- **INSTRUCTIONS TO FOLLOW**:
Each entry needs to be restated exactly as written.

- **THE RECORDS**:
============================================================

-- ===== src/Schema/Repeats.antt =====
-- store_mysql.go, store_device.go, store_apikey.go: what the migrations leave behind, and what a
-- second run of them does.
use clip_sync_server.Base.{
  ◌==◌, All, Bool, Bool-cases, List, Option, Result, [], ap, arith, err, false, inl, inr, none, ok,
  refl, some, subst, sym, true, ℕ, ◌∙◌, ◌∷◌, ◌≡◌, Option-cases, any, same,
}
use clip_sync_server.Schema.Statements.{Achieves, apply-Retains, is_applied, Retains}
use clip_sync_server.Schema.{
  MigrateError, Schema, Statement, add_column, chain, create_table, duplicate_column, exec,
  run_statements, settle, lists_column,
}

-- `skips` passes over no error but that of a column that is there.
abbrev pub IsCareful : (Statement → ℕ → Bool) → Type 0
IsCareful skips = (q : Statement) (e : ℕ) → skips q e ≡ true → (e == duplicate_column) ≡ true

-- It passes over that one where the statement adds a column.
abbrev pub Passes : (Statement → ℕ → Bool) → Statement → Type 0
Passes skips (create_table t columns references) = Unit
Passes skips (add_column t c before) = skips (add_column t c before) duplicate_column ≡ true

pub exec-Retains :
    (down : Statement → Bool) (q : Statement) (s : Schema)
    → Retains s (exec down q s) × Achieves q s (exec down q s)
exec-Retains down q s = elim (Bool-cases (down q)) [
  | inl fails ↦ rw fails (tt, λ h. ground arith)
  | inr works ↦ rw works (apply-Retains q s)
]

pub chain-kept {ℓ κ} :
    {E : Type ℓ} (P : Schema → Type κ) (x : Schema × Option E) (next : Schema → Schema × Option E)
    → P x.0
    → ((s : Schema) → P s → P (next s).0)
    → P (chain x next).0
chain-kept P (s, none) next h k = k s h
chain-kept P (s, some e) next h k = h

pub chain-done {ℓ} :
    {E : Type ℓ} (x : Schema × Option E) (next : Schema → Schema × Option E)
    → (chain x next).1 ≡ none
    → (x.1 ≡ none) × (chain x next ≡ next x.0)
chain-done (s, none) next h = (refl, refl)
chain-done (s, some e) next h = ground arith

pub chain-next {ℓ} :
    {E : Type ℓ} (x : Schema × Option E) (next : Schema → Schema × Option E)
    → x.1 ≡ none
    → chain x next ≡ next x.0
chain-next (s, none) next h = refl
chain-next (s, some e) next h = ground arith

-- Where the first part changes nothing.
pub chain-same {ℓ} :
    {E : Type ℓ} (x : Schema × Option E) (next : Schema → Schema × Option E) (s : Schema)
    → x.0 ≡ s
    → (next s).0 ≡ s
    → (chain x next).0 ≡ s
chain-same x next s e h =
    chain-kept (λ s'. s' ≡ s) x next e (λ s' e'. subst (λ y. (next y).0 ≡ s) (sym e') h)

pub chain-none {ℓ} :
    {E : Type ℓ} (x : Schema × Option E) (next : Schema → Schema × Option E) (s : Schema)
    → x.0 ≡ s
    → x.1 ≡ none
    → (next s).1 ≡ none
    → (chain x next).1 ≡ none
chain-none x next s e d h =
    ap (λ y. y.1) (chain-next x next d) ∙ subst (λ y. (next y).1 ≡ none) (sym e) h

module _ (down : Statement → Bool) (failed : ℕ → MigrateError) where
  pub settle-Retains :
      (skips : ℕ → Bool) (s : Schema) (r : Result ℕ Schema)
      → Retains s r
      → (p : Statement) → is_applied s p ≡ true
      → is_applied (settle down failed skips s r).0 p ≡ true
  settle-Retains skips s (ok s') k p h = k p h
  settle-Retains skips s (err e) k p h = h

  pub settle-Achieves :
      (skips : ℕ → Bool) (q : Statement) (s : Schema) (r : Result ℕ Schema)
      → ((e : ℕ) → skips e ≡ true → (e == duplicate_column) ≡ true)
      → Achieves q s r
      → (settle down failed skips s r).1 ≡ none
      → is_applied (settle down failed skips s r).0 q ≡ true
  settle-Achieves skips q s (ok s') careful a h = a
  settle-Achieves skips q s (err e) careful a h = elim (Bool-cases (skips e)) [
    | inl passed ↦ a (careful e passed)
    | inr stops ↦ ground arith
  ]

  pub run-kept :
      (skips : Statement → ℕ → Bool) (qs : List Statement) (s : Schema) (p : Statement)
      → is_applied s p ≡ true
      → is_applied (run_statements down failed skips qs s).0 p ≡ true
  unfolding run_statements
  run-kept skips [] s p h = h
  run-kept skips (q ∷ qs) s p h =
      chain-kept (λ s'. is_applied s' p ≡ true) _ (run_statements down failed skips qs)
        (settle-Retains (skips q) s (exec down q s) (exec-Retains down q s).0 p h)
        (λ s' h'. run-kept skips qs s' p h')

  pub run-All :
      (skips : Statement → ℕ → Bool) (qs : List Statement) (s : Schema)
      → IsCareful skips
      → (run_statements down failed skips qs s).1 ≡ none
      → All (λ q. is_applied (run_statements down failed skips qs s).0 q ≡ true) qs
  unfolding run_statements
  run-All skips [] s careful h = tt
  run-All skips (q ∷ qs) s careful h =
      let after = settle down failed (skips q) s (exec down q s) in
      let (done, same_run) = chain-done after (run_statements down failed skips qs) h in
      let achieved : is_applied after.0 q ≡ true =
        settle-Achieves (skips q) q s (exec down q s) (careful q) (exec-Retains down q s).1 done in
      let rest : (run_statements down failed skips qs after.0).1 ≡ none =
        sym (ap (λ x. x.1) same_run) ∙ h in
      subst (λ x. All (λ p. is_applied x.0 p ≡ true) (q ∷ qs)) (sym same_run)
        (run-kept skips qs after.0 q achieved, run-All skips qs after.0 careful rest)

  settle-again :
      (skips : Statement → ℕ → Bool) (q : Statement) (s : Schema)
      → is_applied s q ≡ true
      → ((settle down failed (skips q) s (exec down q s)).0 ≡ s)
        × (Passes skips q
            → down q ≡ false
            → (settle down failed (skips q) s (exec down q s)).1 ≡ none)
  settle-again skips (create_table t columns references) s h =
      let q = create_table t columns references in
      elim (Bool-cases (down q)) [
        | inl fails ↦ rw fails (refl, λ p d. ground arith)
        | inr works ↦ rw (works, h) (refl, λ p d. refl)
      ]
  settle-again skips (add_column t c before) s h =
      let q = add_column t c before in
      elim (Bool-cases (down q)) [
        | inl fails ↦ rw fails (refl, λ p d. ground arith)
        | inr works ↦ elim (Option-cases (s t)) [
          | inl e ↦ let no : false ≡ true = subst (λ o. lists_column c o ≡ true) e h in ground arith
          | inr (columns, e) ↦
              let there : any (same c) columns ≡ true = subst (λ o. lists_column c o ≡ true) e h in
              rw (works, e, there) (refl, λ p d. rw p refl)
        ]
      ]

  pub run-again :
      (skips : Statement → ℕ → Bool) (qs : List Statement) (s : Schema)
      → All (λ q. is_applied s q ≡ true) qs
      → ((run_statements down failed skips qs s).0 ≡ s)
        × (All (Passes skips) qs
            → ((q : Statement) → down q ≡ false)
            → (run_statements down failed skips qs s).1 ≡ none)
  unfolding run_statements
  run-again skips [] s h = (refl, λ p d. refl)
  run-again skips (q ∷ qs) s (h, hs) =
      let (stays, silent) = settle-again skips q s h in
      let (rest_stays, rest_silent) = run-again skips qs s hs in
      let x = settle down failed (skips q) s (exec down q s) in
      let next = run_statements down failed skips qs in
      (
        chain-same x next s stays rest_stays,
        λ ps d. chain-none x next s stays (silent ps.0 (d q)) (rest_silent ps.1 d),
      )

============================================================

- **RESULT**:
-- ===== src/Schema/Repeats.antt =====
-- store_mysql.go, store_device.go, store_apikey.go: what the migrations leave behind, and what a
-- second run of them does.
use clip_sync_server.Base.{
  ◌==◌, All, Bool, Bool-cases, List, Option, Result, [], ap, arith, err, false, inl, inr, none, ok,
  refl, some, subst, sym, true, ℕ, ◌∙◌, ◌∷◌, ◌≡◌, Option-cases, any, same,
}
use clip_sync_server.Schema.Statements.{Achieves, apply-Retains, is_applied, Retains}
use clip_sync_server.Schema.{
  MigrateError, Schema, Statement, add_column, chain, create_table, duplicate_column, exec,
  run_statements, settle, lists_column,
}

-- `skips` passes over no error but that of a column that is there.
abbrev pub IsCareful : (Statement → ℕ → Bool) → Type 0
IsCareful skips = (q : Statement) (e : ℕ) → skips q e ≡ true → (e == duplicate_column) ≡ true

-- It passes over that one where the statement adds a column.
abbrev pub Passes : (Statement → ℕ → Bool) → Statement → Type 0
Passes skips (create_table t columns references) = Unit
Passes skips (add_column t c before) = skips (add_column t c before) duplicate_column ≡ true

pub exec-Retains :
    (down : Statement → Bool) (q : Statement) (s : Schema)
    → Retains s (exec down q s) × Achieves q s (exec down q s)
exec-Retains down q s = elim (Bool-cases (down q)) [
  | inl fails ↦ rw fails (tt, λ h. ground arith)
  | inr works ↦ rw works (apply-Retains q s)
]

pub chain-kept {ℓ κ} :
    {E : Type ℓ} (P : Schema → Type κ) (x : Schema × Option E) (next : Schema → Schema × Option E)
    → P x.0
    → ((s : Schema) → P s → P (next s).0)
    → P (chain x next).0
chain-kept P (s, none) next h k = k s h
chain-kept P (s, some e) next h k = h

pub chain-done {ℓ} :
    {E : Type ℓ} (x : Schema × Option E) (next : Schema → Schema × Option E)
    → (chain x next).1 ≡ none
    → (x.1 ≡ none) × (chain x next ≡ next x.0)
chain-done (s, none) next h = (refl, refl)
chain-done (s, some e) next h = ground arith

pub chain-next {ℓ} :
    {E : Type ℓ} (x : Schema × Option E) (next : Schema → Schema × Option E)
    → x.1 ≡ none
    → chain x next ≡ next x.0
chain-next (s, none) next h = refl
chain-next (s, some e) next h = ground arith

-- Where the first part changes nothing.
pub chain-same {ℓ} :
    {E : Type ℓ} (x : Schema × Option E) (next : Schema → Schema × Option E) (s : Schema)
    → x.0 ≡ s
    → (next s).0 ≡ s
    → (chain x next).0 ≡ s
chain-same x next s e h =
    chain-kept (λ s'. s' ≡ s) x next e (λ s' e'. subst (λ y. (next y).0 ≡ s) (sym e') h)

pub chain-none {ℓ} :
    {E : Type ℓ} (x : Schema × Option E) (next : Schema → Schema × Option E) (s : Schema)
    → x.0 ≡ s
    → x.1 ≡ none
    → (next s).1 ≡ none
    → (chain x next).1 ≡ none
chain-none x next s e d h =
    ap (λ y. y.1) (chain-next x next d) ∙ subst (λ y. (next y).1 ≡ none) (sym e) h

module _ (down : Statement → Bool) (failed : ℕ → MigrateError) where
  pub settle-Retains :
      (skips : ℕ → Bool) (s : Schema) (r : Result ℕ Schema)
      → Retains s r
      → (p : Statement) → is_applied s p ≡ true
      → is_applied (settle down failed skips s r).0 p ≡ true
  settle-Retains skips s (ok s') k p h = k p h
  settle-Retains skips s (err e) k p h = h

  pub settle-Achieves :
      (skips : ℕ → Bool) (q : Statement) (s : Schema) (r : Result ℕ Schema)
      → ((e : ℕ) → skips e ≡ true → (e == duplicate_column) ≡ true)
      → Achieves q s r
      → (settle down failed skips s r).1 ≡ none
      → is_applied (settle down failed skips s r).0 q ≡ true
  settle-Achieves skips q s (ok s') careful a h = a
  settle-Achieves skips q s (err e) careful a h = elim (Bool-cases (skips e)) [
    | inl passed ↦ a (careful e passed)
    | inr stops ↦ ground arith
  ]

  pub run-kept :
      (skips : Statement → ℕ → Bool) (qs : List Statement) (s : Schema) (p : Statement)
      → is_applied s p ≡ true
      → is_applied (run_statements down failed skips qs s).0 p ≡ true
  unfolding run_statements
  run-kept skips [] s p h = h
  run-kept skips (q ∷ qs) s p h =
      chain-kept (λ s'. is_applied s' p ≡ true) _ (run_statements down failed skips qs)
        (settle-Retains (skips q) s (exec down q s) (exec-Retains down q s).0 p h)
        (λ s' h'. run-kept skips qs s' p h')

  pub run-All :
      (skips : Statement → ℕ → Bool) (qs : List Statement) (s : Schema)
      → IsCareful skips
      → (run_statements down failed skips qs s).1 ≡ none
      → All (λ q. is_applied (run_statements down failed skips qs s).0 q ≡ true) qs
  unfolding run_statements
  run-All skips [] s careful h = tt
  run-All skips (q ∷ qs) s careful h =
      let after = settle down failed (skips q) s (exec down q s) in
      let (done, same_run) = chain-done after (run_statements down failed skips qs) h in
      let achieved : is_applied after.0 q ≡ true =
        settle-Achieves (skips q) q s (exec down q s) (careful q) (exec-Retains down q s).1 done in
      let rest : (run_statements down failed skips qs after.0).1 ≡ none =
        sym (ap (λ x. x.1) same_run) ∙ h in
      subst (λ x. All (λ p. is_applied x.0 p ≡ true) (q ∷ qs)) (sym same_run)
        (run-kept skips qs after.0 q achieved, run-All skips qs after.0 careful rest)

  settle-again :
      (skips : Statement → ℕ → Bool) (q : Statement) (s : Schema)
      → is_applied s q ≡ true
      → ((settle down failed (skips q) s (exec down q s)).0 ≡ s)
        × (Passes skips q
            → down q ≡ false
            → (settle down failed (skips q) s (exec down q s)).1 ≡ none)
  settle-again skips (create_table t columns references) s h =
      let q = create_table t columns references in
      elim (Bool-cases (down q)) [
        | inl fails ↦ rw fails (refl, λ p d. ground arith)
        | inr works ↦ rw (works, h) (refl, λ p d. refl)
      ]
  settle-again skips (add_column t c before) s h =
      let q = add_column t c before in
      elim (Bool-cases (down q)) [
        | inl fails ↦ rw fails (refl, λ p d. ground arith)
        | inr works ↦ elim (Option-cases (s t)) [
          | inl e ↦ let no : false ≡ true = subst (λ o. lists_column c o ≡ true) e h in ground arith
          | inr (columns, e) ↦
              let there : any (same c) columns ≡ true = subst (λ o. lists_column c o ≡ true) e h in
              rw (works, e, there) (refl, λ p d. rw p refl)
        ]
      ]

  pub run-again :
      (skips : Statement → ℕ → Bool) (qs : List Statement) (s : Schema)
      → All (λ q. is_applied s q ≡ true) qs
      → ((run_statements down failed skips qs s).0 ≡ s)
        × (All (Passes skips) qs
            → ((q : Statement) → down q ≡ false)
            → (run_statements down failed skips qs s).1 ≡ none)
  unfolding run_statements
  run-again skips [] s h = (refl, λ p d. refl)
  run-again skips (q ∷ qs) s (h, hs) =
      let (stays, silent) = settle-again skips q s h in
      let (rest_stays, rest_silent) = run-again skips qs s hs in
      let x = settle down failed (skips q) s (exec down q s) in
      let next = run_statements down failed skips qs in
      (
        chain-same x next s stays rest_stays,
        λ ps d. chain-none x next s stays (silent ps.0 (d q)) (rest_silent ps.1 d),
      )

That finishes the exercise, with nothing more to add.